# BIOS save through command-line



## OzoZoz (Mar 5, 2011)

Is there any way for GPU-Z to save the graphics card's BIOS from the command-line?
If not, is there any other utility that can do it?

Note: I know I can save the BIOS using GPU-Z's GUI.  I am looking for a programmatic way through some API or script, i.e. without using the mouse.

Thanks,

Ozo.


----------



## Chewers (Mar 5, 2011)

Use Nvflash to save bios by cmd > nvflash --save filename.rom


----------



## OzoZoz (May 7, 2011)

I forgot to precise that it needs to support fermi (GTX 580) and run under Windows 7 64-bit.
I see that the latest NvFlash (v5.100.0.1) would probably support the GTX 580, but does not work under Windows.

The last NvFlash version that works under Windows is v5.95.0.1.  And from what I can read, that version would not support the GTX 580.   

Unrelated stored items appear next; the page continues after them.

-- ===== src/Constructs/Unclosed.antt =====
-- Where `check_for_non_standard_constructs` meets an IndexError: the arguments of a constructor have
-- a bracket that is open.
use cs.Base.{
  ℕ, ◌+◌, ◌≤◌, ◌≡◌, refl, true, false, Option-cases, inl, inr, none, some, List, [], ◌∷◌, ◌++◌,
  Text, nat_beq, starts_with, count_from, count_text, All, if◌then◌else◌, arith,
}
use cs.Re.{Found, matches}
use cs.CleansedLines.{CleansedLines, group_text}
use cs.Nesting.{Block, ClassInfo, class_info, NestingState, innermost_class}
use cs.LineChecks.Namespaces.{line_at}
use cs.Constructs.{
  last_component, constructor, check_for_non_standard_constructs, check_constructor, check_in_class,
  is_open_arg, constructor_args,
}
use cs.Constructs.Arguments.{join, behind, constructor_args-join}

occurrences : ℕ → Text → ℕ
occurrences c = count_text (c ∷ [])

occurrences-cons :
    (c d : ℕ) (s : Text) → occurrences c (d ∷ s) ≡ (if nat_beq d c then 1 else 0) + occurrences c s
unfolding occurrences count_text count_from starts_with
occurrences-cons c d s = ground arith

occurrences-append :
    (c : ℕ) (s t : Text) → occurrences c (s ++ t) ≡ occurrences c s + occurrences c t
occurrences-append c [] t = unfold occurrences count_text count_from in omega arith
occurrences-append c (d ∷ s) t =
    omega (arith, occurrences-cons c d (s ++ t), occurrences-cons c d s, occurrences-append c s t)

occurrences-comma :
    (c : ℕ) (s : Text) → nat_beq b',' c ≡ false → occurrences c (b',' ∷ s) ≡ occurrences c s
occurrences-comma c s h = ground (arith, occurrences-cons c b',' s)

-- There are no more of `opening` than of `closing`.
Covered : ℕ → ℕ → Text → Type 0
Covered opening closing s = occurrences opening s ≤ occurrences closing s

module _ (opening closing : ℕ) (h : nat_beq b',' opening ≡ false)
    (k : nat_beq b',' closing ≡ false) where
  behind-Covered :
      (args : List Text)
      → All (Covered opening closing) args
      → Covered opening closing (behind args)
  unfolding Covered
  behind-Covered [] a = unfold occurrences count_text count_from in omega arith
  behind-Covered (arg ∷ args) a = omega (
    arith,
    behind-Covered args a.1,
    a.0,
    occurrences-comma opening (arg ++ behind args) h,
    occurrences-comma closing (arg ++ behind args) k,
    occurrences-append opening arg (behind args),
    occurrences-append closing arg (behind args),
  )

  join-Covered :
      (args : List Text) → All (Covered opening closing) args → Covered opening closing (join args)
  unfolding Covered
  join-Covered [] a = unfold occurrences count_text count_from in omega arith
  join-Covered (arg ∷ args) a = omega (
    arith,
    behind-Covered args a.1,
    a.0,
    occurrences-append opening arg (behind args),
    occurrences-append closing arg (behind args),
  )

closed-Covered : (a : Text) → is_open_arg a ≡ false → Covered b'<' b'>' a × Covered b'(' b')' a
unfolding is_open_arg Covered occurrences
closed-Covered a h = (ground arith, ground arith)

Covered-closed : (a : Text) → Covered b'<' b'>' a → Covered b'(' b')' a → is_open_arg a ≡ false
unfolding is_open_arg Covered occurrences
Covered-closed a h k = ground arith

All-Covered :
    (args : List Text)
    → All (λ a. is_open_arg a ≡ false) args
    → All (Covered b'<' b'>') args × All (Covered b'(' b')') args
All-Covered [] h = (tt, tt)
All-Covered (arg ∷ args) (h, k) =
    let (x, y) = closed-Covered arg h in let (xs, ys) = All-Covered args k in ((x, xs), (y, ys))

constructor_args_open : (t : Text) → is_open_arg t ≡ true → constructor_args t ≡ none
constructor_args_open t h = elim (Option-cases (constructor_args t)) [
  | inl e ↦ e
  | inr (args, e) ↦
      let (same, closed) = constructor_args-join t args e in
      let (angles, rounds) = All-Covered args closed in
      let shut : is_open_arg (join args) ≡ false =
        Covered-closed (join args) (join-Covered b'<' b'>' refl refl args angles)
          (join-Covered b'(' b')' refl refl args rounds) in
      absurd (cc)
]

check_constructor_open :
    (linenum : ℕ) (base_classname line : Text) (match : Found)
    → matches (constructor base_classname) line ≡ some match
    → is_open_arg (group_text match 2) ≡ true
    → check_constructor linenum base_classname line ≡ none
unfolding check_constructor
check_constructor_open linenum base_classname line match e h =
    rw (e, constructor_args_open (group_text match 2) h, check_constructor) refl

check_in_class_open :
    (linenum : ℕ) (line : Text) (b : Block) (c : ClassInfo) (match : Found)
    → b.kind ≡ class_info c
    → b.seen_open_brace ≡ true
    → matches (constructor (last_component [] c.name)) line ≡ some match
    → is_open_arg (group_text match 2) ≡ true
    → check_in_class linenum line (some b) ≡ none
check_in_class_open linenum line b c match kind seen e h =
    rw (kind, seen, check_constructor_open linenum (last_component [] c.name) line match e h) refl

-- If a line of a class that has seen its brace, the innermost, declares a constructor whose
-- arguments have more `<` than `>`, or more `(` than `)`, the whole check ends with an IndexError:
-- it asks for an argument behind the last.
pub check_for_non_standard_constructs_open :
    (clean_lines : CleansedLines) (s : NestingState) (linenum : ℕ) (b : Block) (c : ClassInfo)
    (match : Found)
    → innermost_class s.stack ≡ some b
    → b.kind ≡ class_info c
    → b.seen_open_brace ≡ true
    → matches (constructor (last_component [] c.name)) (line_at clean_lines.elided linenum)
      ≡ some match
    → is_open_arg (group_text match 2) ≡ true
    → check_for_non_standard_constructs clean_lines s linenum ≡ none
unfolding check_for_non_standard_constructs
check_for_non_standard_constructs_open clean_lines s linenum b c match class kind seen found
      unclosed =
    let raised =
      check_in_class_open linenum (line_at clean_lines.elided linenum) b c match kind seen found
        unclosed in
    rw (class, raised, check_for_non_standard_constructs) refl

Is there any other way to dump the BIOS of a GTX 580 under Windows, and without using a mouse ?

Ozo


----------



## W1zzard (May 7, 2011)

are you sure nvflash for windows does not for gtx 580 ?


----------



## OzoZoz (May 7, 2011)

I must admit I did not try yet.  My GTX 580 is at work; I'll try on next Monday.
But I base my assumption on the release notes of NvFlash 5.100.0.1, which says: 

_"This version adds BIOS flashing support for NVIDIA GeForce GTX 580"_

Ref: http://www.techpowerup.com/downloads/1893/NVFlash_5.100.0.1.html

Maybe BIOS flashing with v5.95.0.1 won't work but BIOS "dump" feature would work ... (!?)

Note that I would also need support for other recent Geforce flavors, such as GTX 480 and GTX 560 Ti.  I hope v5.95.0.1 will support BIOS dump for all of them.

Thanks,

Ozo.


----------